Desertificação avança no Brasil e atinge 1,51 milhão de quilômetros quadrados
Áreas afetadas cresceram 170 mil km² entre 2000 e 2020, enquanto o governo federal articula metas de recuperação de solo para a COP17.
O avanço da degradação de terras no Brasil colocou em risco de desertificação cerca de 1,51 milhão de quilômetros quadrados do território nacional, conforme dados consolidados divulgados por órgãos de pesquisa e monitoramento. Entre 2000 e 2020, a superfície afetada expandiu em 170 mil quilômetros quadrados, uma extensão equivalente à soma dos estados de Pernambuco, Paraíba e Alagoas. O fenômeno atinge diretamente 39 milhões de pessoas, abrangendo comunidades tradicionais, agricultores, povos indígenas, quilombolas e populações rurais em nove estados do Nordeste, além de porções de Minas Gerais, Espírito Santo, Rio de Janeiro e Mato Grosso do Sul.
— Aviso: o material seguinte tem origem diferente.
-- ===== src/Chat/Broadcast/Laws.antt =====
-- The chunks of a room hold each of its clients but the ignored one, once.
use mathlib.Core.List.{append-nil, append_assoc}
use Prim.Native.String as Native
use system_design_implementa.Prelude.{
  ℕ, ◌+◌, ◌≤◌, ◌≡◌, ◌∙◌, sym, ap, refl, Bool, true, false, ◌&&◌, List, [], ◌∷◌, ◌++◌, none, some,
  String, str_eq, if◌then◌else◌, leb, ltb, length, arith,
}
use system_design_implementa.Chat.Rooms.{Client, Hub}
use system_design_implementa.Chat.Broadcast.{
  kind_text, Message, Chunks, add_client, chunk_loop, close_chunks, room_chunks, Delivery, deliver,
  worker, broadcast_worker,
}

-- The clients of a room whose name is not the ignored one, in order.
abbrev pub heard : String → Hub → List Client
heard ignored [] = []
heard ignored ((key, c) ∷ cs) =
    if str_eq c.name ignored then heard ignored cs else c ∷ heard ignored cs

abbrev pub flat : List (List Client) → List Client
flat [] = []
flat (c ∷ cs) = c ++ flat cs

flat-append : (xs ys : List (List Client)) → flat (xs ++ ys) ≡ flat xs ++ flat ys
flat-append [] ys = refl
flat-append (x ∷ xs) ys = ground (arith, flat-append xs ys, append_assoc x (flat xs) (flat ys))

-- Each chunk has at least one client and at most `size`.
abbrev pub fit_chunks : ℕ → List (List Client) → Bool
fit_chunks size [] = true
fit_chunks size (c ∷ cs) = leb 1 (length c) && leb (length c) size && fit_chunks size cs

fit_chunks-append :
    (size : ℕ) (xs ys : List (List Client))
    → fit_chunks size xs ≡ true
    → fit_chunks size ys ≡ true
    → fit_chunks size (xs ++ ys) ≡ true
fit_chunks-append size [] ys f g = g
fit_chunks-append size (x ∷ xs) ys f g = ground (arith, fit_chunks-append size xs ys)

length-snoc : (xs : List Client) (c : Client) → length (xs ++ c ∷ []) ≡ length xs + 1
length-snoc [] c = omega arith
length-snoc (x ∷ xs) c = omega (arith, length-snoc xs c)

abbrev so_far : Chunks → List Client
so_far (full, current) = flat full ++ current

add_client-flat :
    (ignored : String) (size : ℕ) (c : Client) (full : List (List Client)) (current : List Client)
    → so_far (add_client ignored size c (full, current))
      ≡ (flat full ++ current) ++ (if str_eq c.name ignored then [] else c ∷ [])
unfolding add_client
add_client-flat ignored size c full current = ground (
  arith,
  flat-append full ((current ++ c ∷ []) ∷ []),
  append_assoc (flat full) current (c ∷ []),
  append-nil (flat full ++ current),
  append-nil (flat full ++ (current ++ c ∷ [])),
  append-nil (current ++ c ∷ []),
)

-- Full chunks have the right size, and the current one is not full.
abbrev filling : ℕ → Chunks → Bool
filling size (full, current) = fit_chunks size full && ltb (length current) size

add_client-filling :
    (ignored : String) (size : ℕ) (c : Client) (full : List (List Client)) (current : List Client)
    → filling size (full, current) ≡ true
    → filling size (add_client ignored size c (full, current)) ≡ true
unfolding add_client
add_client-filling ignored size c full current f =
    ground (arith, length-snoc current c, fit_chunks-append size full ((current ++ c ∷ []) ∷ []))

chunk_loop-flat :
    (ignored : String) (size : ℕ) (cs : Hub) (chunks : Chunks)
    → so_far (chunk_loop ignored size cs chunks) ≡ so_far chunks ++ heard ignored cs
unfolding chunk_loop
chunk_loop-flat ignored size [] (full, current) = sym (append-nil (flat full ++ current))
chunk_loop-flat ignored size ((key, c) ∷ cs) (full, current) = ground (
  arith,
  chunk_loop-flat ignored size cs (add_client ignored size c (full, current)),
  add_client-flat ignored size c full current,
  append_assoc (flat full ++ current) (c ∷ []) (heard ignored cs),
  append-nil (flat full ++ current),
)

chunk_loop-filling :
    (ignored : String) (size : ℕ) (cs : Hub) (chunks : Chunks)
    → filling size chunks ≡ true
    → filling size (chunk_loop ignored size cs chunks) ≡ true
unfolding chunk_loop
chunk_loop-filling ignored size [] chunks f = f
chunk_loop-filling ignored size ((key, c) ∷ cs) (full, current) f =
    chunk_loop-filling ignored size cs (add_client ignored size c (full, current))
      (add_client-filling ignored size c full current f)

close_chunks-flat : (chunks : Chunks) → flat (close_chunks chunks) ≡ so_far chunks
unfolding close_chunks
close_chunks-flat (full, []) = sym (append-nil (flat full))
close_chunks-flat (full, c ∷ cs) =
    flat-append full ((c ∷ cs) ∷ []) ∙ ap (λ l. flat full ++ l) (append-nil (c ∷ cs))

close_chunks-fit :
    (size : ℕ) (chunks : Chunks)
    → filling size chunks ≡ true
    → fit_chunks size (close_chunks chunks) ≡ true
unfolding close_chunks
close_chunks-fit size (full, []) f = ground arith
close_chunks-fit size (full, c ∷ cs) f = ground (arith, fit_chunks-append size full ((c ∷ cs) ∷ []))

-- getRoomChunks, for a chunk size of at least 1: the chunks together are the clients of the room in
-- order, each once, but those with the ignored name, and each chunk has at least one client and at most
-- the chunk size.
pub room_chunks_correct :
    (clients : Hub) (ignored : String) (size : ℕ)
    → 1 ≤ size
    → (flat (room_chunks clients ignored size) ≡ heard ignored clients)
      × (fit_chunks size (room_chunks clients ignored size) ≡ true)
unfolding room_chunks
room_chunks_correct clients ignored size pos =
    let chunks = chunk_loop ignored size clients ([], []) in
    (
      close_chunks-flat chunks ∙ chunk_loop-flat ignored size clients ([], []),
      close_chunks-fit size chunks
          (chunk_loop-filling ignored size clients ([], []) (ground arith)),
    )

-- Whether a client has no connection.
abbrev pub any_nil : List Client → Bool
any_nil [] = false
any_nil (c ∷ cs) = elim (c.conn) [ none ↦ true | some addr ↦ any_nil cs ]

worker-nil :
    (free : ℕ → Bool) (text sender : String) (cs : List Client)
    → any_nil cs ≡ true
    → worker free text sender cs ≡ none
unfolding worker
worker-nil free text sender [] e = absurd (cc)
worker-nil free text sender (c ∷ cs) e = ground (arith, worker-nil free text sender cs)

-- What a worker does with the clients, where all have a connection: the sender is passed over.
abbrev pub deliveries : (ℕ → Bool) → String → String → List Client → List Delivery
deliveries free text sender [] = []
deliveries free text sender (c ∷ cs) =
    let rest = deliveries free text sender cs in
    elim (c.conn) [
      | none ↦ rest
      | some addr ↦ if str_eq addr sender then rest else deliver free text c ∷ rest
    ]

worker-some :
    (free : ℕ → Bool) (text sender : String) (cs : List Client)
    → any_nil cs ≡ false
    → worker free text sender cs ≡ some (deliveries free text sender cs)
unfolding worker
worker-some free text sender [] e = refl
worker-some free text sender (c ∷ cs) e = ground (arith, worker-some free text sender cs)

-- A worker panics, whatever channels have room, when one of its clients has no connection; else it comes
-- to an end and passes over the sender, sends to each other client whose channel has room, and hands each
-- other one over to be kicked.
pub broadcast_worker_correct :
    (free : ℕ → Bool) (cs : List Client) (m : Message)
    → broadcast_worker free cs m ≡ (
        if any_nil cs
        then none
        else some (
            deliveries free
              (Native.◌++◌ (kind_text m.kind) (Native.◌++◌ ": " m.text))
              m.client_name
              cs))
unfolding broadcast_worker
broadcast_worker_correct free cs m =
    let text = Native.◌++◌ (kind_text m.kind) (Native.◌++◌ ": " m.text) in
    ground (arith, worker-nil free text m.client_name cs, worker-some free text m.client_name cs)
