-- ===== src/Chat/Print.antt =====
-- What chat_system uses of fmt.Sprintf: texts one after the other, and %d.
use system_design_implementa.Prelude.{
  ℕ, zero, suc, ◌+◌, ◌/◌, ◌%◌, List, [], ◌∷◌, String, if◌then◌else◌, ltb, ◌≡◌, refl,
}
use Prim.Native.String as Native

abbrev pub concat : List String → String
concat [] = ""
concat (s ∷ ss) = Native.◌++◌ s (concat ss)

-- The digits of a number before those that are written already; `fuel` above the number is enough.
digits : ℕ → ℕ → String → String
digits zero n written = written
digits (suc fuel) n written =
    let written' = Native.◌++◌ (Native.slice "0123456789" (n % 10) (n % 10 + 1)) written in
    let rest = digits fuel (n / 10) written' in if ltb n 10 then written' else rest

unfoldable pub decimal : ℕ → String
unfolding digits
decimal n = digits (suc n) n ""

decimal_test : decimal 1204 ≡ "1204"
unfolding decimal
decimal_test = refl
O boletim mais recente da Superintendência do Desenvolvimento do Nordeste aponta que 18% do país está inserido em Áreas Suscetíveis à Desertificação. O bioma Caatinga concentra os níveis mais severos de deterioração, com 11% de sua área em situação crítica e 42,6% de sua vegetação nativa já suprimida. Em 2023, o Centro Nacional de Monitoramento e Alertas de Desastres Naturais e o Instituto Nacional de Pesquisas Espaciais identificaram a primeira região estritamente árida do país, compreendendo 6 mil quilômetros quadrados na divisa entre Pernambuco e Bahia.
Para conter o avanço do processo, o Ministério do Meio Ambiente e Mudança do Clima lançou em março de 2026 o Plano de Ação Brasileiro de Combate à Desertificação e Mitigação dos Efeitos da Seca, estruturado para o período de 2025 a 2043. A estratégia integra políticas de recursos hídricos, assistência social e inovação tecnológica. Paralelamente, o Programa Recaatingar, lançado em junho, estabelece a meta de recuperar a capacidade produtiva de 10 milhões de hectares de terras degradadas na Caatinga ao longo dos próximos vinte anos.
Especialistas apontam que o solo do semiárido brasileiro atua como um sumidouro estratégico de carbono. Estudo publicado em 2025 na revista Science of the Total Environment indica que a Caatinga respondeu por cerca de 50% do sequestro líquido de carbono do Brasil em 2022. Cerca de 72% desse carbono permanece armazenado sob a terra, atingindo a marca de 125 toneladas por hectare. Pesquisadores do Instituto Nacional do Semiárido defendem que o Brasil deve pressionar para que o bioma seja citado explicitamente no texto de negociação da 17ª Conferência das Nações Unidas de Combate à Desertificação.
A eficácia das medidas de contenção depende do uso de tecnologias sociais de convivência com o semiárido, como cisternas, barragens subterrâneas e sistemas agroflorestais. Dados de campo mostram que o manejo agrossilvipastoril adequado é capaz de quadruplicar a oferta de forragem sem suprimir o bioma remanescente. Para os profissionais que atuam em consultoria ambiental e licenciamento na região, o desafio consiste em alinhar a expansão produtiva rural aos planos de manejo e conservação do solo previstos nas novas normativas públicas.
Com informações de Agência Brasil: Meio Ambiente.